I'm not interested in the long term accuracy over thousands of years here.
If I were, I'd not be considering the Metonic Cycle at all!

I'm looking at short periods of a few years that could be used in a schematic lunisolar calendar. Such short periods could be concatenated to make a calendar of arbitrarily good long term accuracy. A mean lunation of 29.5306 days is sufficiently accurate for the purpose of finding such short periods.

Karl

08(04(26

-----Original Message-----
From: East Carolina University Calendar discussion List
[mailto:[hidden email]]On Behalf Of Irv Bromberg
Sent: 22 June 2006 15:03
To: [hidden email]
Subject: Re: Schematic Metonic Cycle


On Jun 22, 2006, at 08:13, Palmen, KEV (Karl) wrote:

> However some multiples of the Metonic cycle may be close to a whole
> number of days. Two such multiple were known to be used or proposed in
> ancient times: The Callypic cycle of 76 years and the Hipparchic Cycle
> of 304 years.
>
> Multiple Years  Lunations   Days (of lunations)
>    1       19     235         6939.691
>    4       76     940        27758.764
>   16      304    3760       111035.056
>
> The Callypic cycle is not a very big improvement on the Metonic cycle,
> but the Hipparchic cycle is.
> I expect the Callypic cycle was chose because when rounded to have
> whole number (27759) days, it has a mean year of exactly 365.25 days
> (as would Lance's A-S Octaeteris). The multiple of three Metonic
> cycles is more accurate than four.
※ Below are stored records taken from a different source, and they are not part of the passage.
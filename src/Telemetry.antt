-- ===== src/Telemetry.antt =====
-- Telemetry: the counters of src/device/device.h and src/driver/driver.cpp, SG_IOC_STATS and
-- SG_IOC_RESET_STATS, and what src/runtime/runtime.cpp makes of them.
pub mod Reset
mod Tests
use softgpu.Base.{ℕ, ◌+◌, ◌%◌, ◌^◌, Bool, ◌&&◌, ltb, if◌then◌else◌}

-- EngineStats
pub record EngineStats : Type 0 where
  pub busy_cycles : ℕ
  pub wait_cycles : ℕ
  pub idle_cycles : ℕ
  pub cmds_executed : ℕ
  pub batches : ℕ
  pub irqs : ℕ
  pub sleep_cycles : ℕ
  pub wakeups : ℕ
  pub missed_doorbells : ℕ
  pub cpu_ns : ℕ
  pub faults : ℕ
  pub preempts : ℕ
  pub stats_gen : ℕ

-- The driver's counters.
pub record Counters : Type 0 where
  pub submits : ℕ
  pub waits : ℕ
  pub waits_spun : ℕ
  pub waits_blocked : ℕ
  pub wake_latency_ns : ℕ
  pub lock_wait_ns : ℕ
  pub stalls : ℕ
  pub staging_waits : ℕ
  pub bytes_h2d : ℕ
  pub bytes_d2h : ℕ
  pub bytes_direct : ℕ
  pub bytes_staged : ℕ
  pub migrations : ℕ
  pub prefetches : ℕ
  pub evictions : ℕ
  pub writebacks : ℕ
  pub bytes_migrated : ℕ
  pub host_faults : ℕ
  pub host_fault_ns : ℕ

-- `hits` and `misses` are the MMU's, of each engine.
pub record Telemetry : Type 0 where
  pub num_engines : ℕ
  pub stats : ℕ → EngineStats
  pub hits : ℕ → ℕ
  pub misses : ℕ → ℕ
  pub counters : Counters

-- sg_stats_args
pub record StatsArgs : Type 0 where
  pub num_engines : ℕ
  pub busy_cycles : ℕ → ℕ
  pub wait_cycles : ℕ → ℕ
  pub idle_cycles : ℕ → ℕ
  pub cmds_executed : ℕ → ℕ
  pub batches : ℕ → ℕ
  pub irqs : ℕ → ℕ
  pub sleep_cycles : ℕ → ℕ
  pub wakeups : ℕ → ℕ
  pub missed_doorbells : ℕ → ℕ
  pub cpu_ns : ℕ → ℕ
  pub faults : ℕ → ℕ
  pub preempts : ℕ → ℕ
  pub tlb_hits : ℕ → ℕ
  pub tlb_misses : ℕ → ℕ
  pub submits : ℕ
  pub waits : ℕ
  pub waits_spun : ℕ
  pub waits_blocked : ℕ
  pub wake_latency_ns : ℕ
  pub lock_wait_ns : ℕ
  pub stalls : ℕ
  pub staging_waits : ℕ
  pub bytes_h2d : ℕ
  pub bytes_d2h : ℕ
  pub bytes_direct : ℕ
  pub bytes_staged : ℕ
  pub migrations : ℕ
  pub prefetches : ℕ
  pub evictions : ℕ
  pub writebacks : ℕ
  pub bytes_migrated : ℕ
  pub host_faults : ℕ
  pub host_fault_ns : ℕ

-- sgStats_t
pub record SgStats : Type 0 where
  pub num_engines : ℕ
  pub engine_busy_cycles : ℕ → ℕ
  pub engine_wait_cycles : ℕ → ℕ
  pub engine_idle_cycles : ℕ → ℕ
  pub engine_cmds : ℕ → ℕ
  pub engine_batches : ℕ → ℕ
  pub engine_irqs : ℕ → ℕ
  pub engine_sleep_cycles : ℕ → ℕ
  pub engine_wakeups : ℕ → ℕ
  pub engine_missed_doorbells : ℕ → ℕ
  pub engine_cpu_ns : ℕ → ℕ
  pub engine_faults : ℕ → ℕ
  pub engine_preempts : ℕ → ℕ
  pub engine_tlb_hits : ℕ → ℕ
  pub engine_tlb_misses : ℕ → ℕ
  pub driver_submits : ℕ
  pub driver_waits : ℕ
  pub waits_spun : ℕ
  pub waits_blocked : ℕ
  pub wake_latency_ns : ℕ
  pub lock_wait_ns : ℕ
  pub driver_stalls : ℕ
  pub staging_waits : ℕ
  pub bytes_h2d : ℕ
  pub bytes_d2h : ℕ
  pub bytes_direct : ℕ
  pub bytes_staged : ℕ
  pub um_migrations : ℕ
  pub um_prefetches : ℕ
  pub um_evictions : ℕ
  pub um_writebacks : ℕ
  pub um_bytes_migrated : ℕ
  pub um_host_faults : ℕ
  pub um_host_fault_ns : ℕ

-- An array that was zeroed, after a loop that fills its first n entries.
unfoldable pub filled : ℕ → (ℕ → ℕ) → ℕ → ℕ
filled n f e = if ltb e n then f e else 0

-- SG_IOC_STATS
unfoldable pub read_stats : Telemetry → StatsArgs
unfolding filled
read_stats t = record {
  num_engines = t.num_engines;
  busy_cycles = filled t.num_engines (λ e. (t.stats e).busy_cycles);
  wait_cycles = filled t.num_engines (λ e. (t.stats e).wait_cycles);
  idle_cycles = filled t.num_engines (λ e. (t.stats e).idle_cycles);
  cmds_executed = filled t.num_engines (λ e. (t.stats e).cmds_executed);
  batches = filled t.num_engines (λ e. (t.stats e).batches);
  irqs = filled t.num_engines (λ e. (t.stats e).irqs);
  sleep_cycles = filled t.num_engines (λ e. (t.stats e).sleep_cycles);
  wakeups = filled t.num_engines (λ e. (t.stats e).wakeups);
  missed_doorbells = filled t.num_engines (λ e. (t.stats e).missed_doorbells);
  cpu_ns = filled t.num_engines (λ e. (t.stats e).cpu_ns);
  faults = filled t.num_engines (λ e. (t.stats e).faults);
  preempts = filled t.num_engines (λ e. (t.stats e).preempts);
  tlb_hits = filled t.num_engines t.hits;
  tlb_misses = filled t.num_engines t.misses;
  submits = t.counters.submits;
  waits = t.counters.waits;
  waits_spun = t.counters.waits_spun;
  waits_blocked = t.counters.waits_blocked;
  wake_latency_ns = t.counters.wake_latency_ns;
  lock_wait_ns = t.counters.lock_wait_ns;
  stalls = t.counters.stalls;
  staging_waits = t.counters.staging_waits;
  bytes_h2d = t.counters.bytes_h2d;
  bytes_d2h = t.counters.bytes_d2h;
  bytes_direct = t.counters.bytes_direct;
  bytes_staged = t.counters.bytes_staged;
  migrations = t.counters.migrations;
  prefetches = t.counters.prefetches;
  evictions = t.counters.evictions;
  writebacks = t.counters.writebacks;
  bytes_migrated = t.counters.bytes_migrated;
  host_faults = t.counters.host_faults;
  host_fault_ns = t.counters.host_fault_ns;
}

-- The stores of one round of Device::reset_stats. `stats_gen` is on 32 bits.
abbrev pub reset_engine : EngineStats → EngineStats
reset_engine st = record st {
  busy_cycles = 0;
  wait_cycles = 0;
  idle_cycles = 0;
  cmds_executed = 0;
  batches = 0;
  irqs = 0;
  sleep_cycles = 0;
  wakeups = 0;
  missed_doorbells = 0;
  faults = 0;
  preempts = 0;
  stats_gen = (st.stats_gen + 1) % 2 ^ 32;
}

-- The list of counters that SG_IOC_RESET_STATS clears.
abbrev pub reset_counters : Counters → Counters
reset_counters c = record c {
  submits = 0;
  waits = 0;
  waits_spun = 0;
  waits_blocked = 0;
  wake_latency_ns = 0;
  lock_wait_ns = 0;
  stalls = 0;
  staging_waits = 0;
  bytes_h2d = 0;
  bytes_d2h = 0;
  bytes_direct = 0;
  bytes_staged = 0;
  migrations = 0;
  prefetches = 0;
  evictions = 0;
  writebacks = 0;
  bytes_migrated = 0;
  host_faults = 0;
  host_fault_ns = 0;
}

-- SG_IOC_RESET_STATS, with Device::reset_stats and Mmu::reset_stats
unfoldable pub reset_stats : Telemetry → Telemetry
reset_stats t = record t {
  stats = λ e. if ltb e t.num_engines then reset_engine (t.stats e) else t.stats e;
  hits = λ e. 0;
  misses = λ e. 0;
  counters = reset_counters t.counters;
}

-- SG_MAX_ENGINES_RT
abbrev pub max_engines : ℕ
max_engines = 4

-- The loop of sgGetStats, over one array.
unfoldable pub copied : ℕ → (ℕ → ℕ) → ℕ → ℕ
copied n f e = if ltb e n && ltb e max_engines then f e else 0

-- sgGetStats, of what the driver returned.
unfoldable pub get_stats : StatsArgs → SgStats
unfolding copied
get_stats s = record {
  num_engines = s.num_engines;
  engine_busy_cycles = copied s.num_engines s.busy_cycles;
  engine_wait_cycles = copied s.num_engines s.wait_cycles;
  engine_idle_cycles = copied s.num_engines s.idle_cycles;
  engine_cmds = copied s.num_engines s.cmds_executed;
  engine_batches = copied s.num_engines s.batches;
  engine_irqs = copied s.num_engines s.irqs;
  engine_sleep_cycles = copied s.num_engines s.sleep_cycles;
  engine_wakeups = copied s.num_engines s.wakeups;
  engine_missed_doorbells = copied s.num_engines s.missed_doorbells;
  engine_cpu_ns = copied s.num_engines s.cpu_ns;
  engine_faults = copied s.num_engines s.faults;
  engine_preempts = copied s.num_engines s.preempts;
  engine_tlb_hits = copied s.num_engines s.tlb_hits;
  engine_tlb_misses = copied s.num_engines s.tlb_misses;
  driver_submits = s.submits;
  driver_waits = s.waits;
  waits_spun = s.waits_spun;
  waits_blocked = s.waits_blocked;
  wake_latency_ns = s.wake_latency_ns;
  lock_wait_ns = s.lock_wait_ns;
  driver_stalls = s.stalls;
  staging_waits = s.staging_waits;
  bytes_h2d = s.bytes_h2d;
  bytes_d2h = s.bytes_d2h;
  bytes_direct = s.bytes_direct;
  bytes_staged = s.bytes_staged;
  um_migrations = s.migrations;
  um_prefetches = s.prefetches;
  um_evictions = s.evictions;
  um_writebacks = s.writebacks;
  um_bytes_migrated = s.bytes_migrated;
  um_host_faults = s.host_faults;
  um_host_fault_ns = s.host_fault_ns;
}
I list this and other multiples (up
> to 304 years) whose lunations are within 20% of a day of a whole
> number of days.
>
> Multiple Years  Lunations   Days (of lunations)
>    3       57     705        20819.073
>    6      114    1410        41638.146
>    7      133    1645        48577.837
>   10      190    2350        69396.910
>   13      247    3055        90215.983
>   16      304    3760       111035.056
>
> Clearly the 57-year cycle is closest to a whole number of days.

Karl:

Such calculations are futile, because the duration of the mean lunation
gets progressively shorter, in terms of mean solar days, and is
therefore a moving target over long cycle lengths.  You have also used
a mean synodic month that is a bit more than a second too long for the
present era.

Using the present-era mean synodic month of approximately
29.53058766633 days, my 353-year Rectified Hebrew Calendar leap cycle
with 4366 lunations is 128930.54575 days, which is very close to
128930.5, so a double cycle of 706 years is very close to an integer
number of days = about 257861.0915 mean solar days, which is 2h 11m 46s
in excess of a whole number of days.  However, if one takes into
account the progressive shortening of the mean synodic month over that
interval, by using the average mean synodic month over the 706 year
period, about 29.5305862865 mean solar days, then the 706-year period
starting this year has about 257861.0794 mean solar days, which is 1h
54m 20s in excess of a whole number of days.

This calculation says nothing about the goodness of fit of the
"rectified molad", because there is no a priori reason why the leap
cycle length should be associated with an integer number of days with
respect to the number of lunations in the cycle.  As far as I can tell,
the rectified molad has zero error.

What Karl is trying to do, it seems, is substitute a simple fixed
arithmetic leap cycle calculation for the combination of a molad with a
separate solar leap cycle.  This makes me wonder if something like my
linear approximation progressive leap rule may be a good approach here,
except that there would only be the straight diagonal line part, no
horizontal plateau at an earlier or later epoch.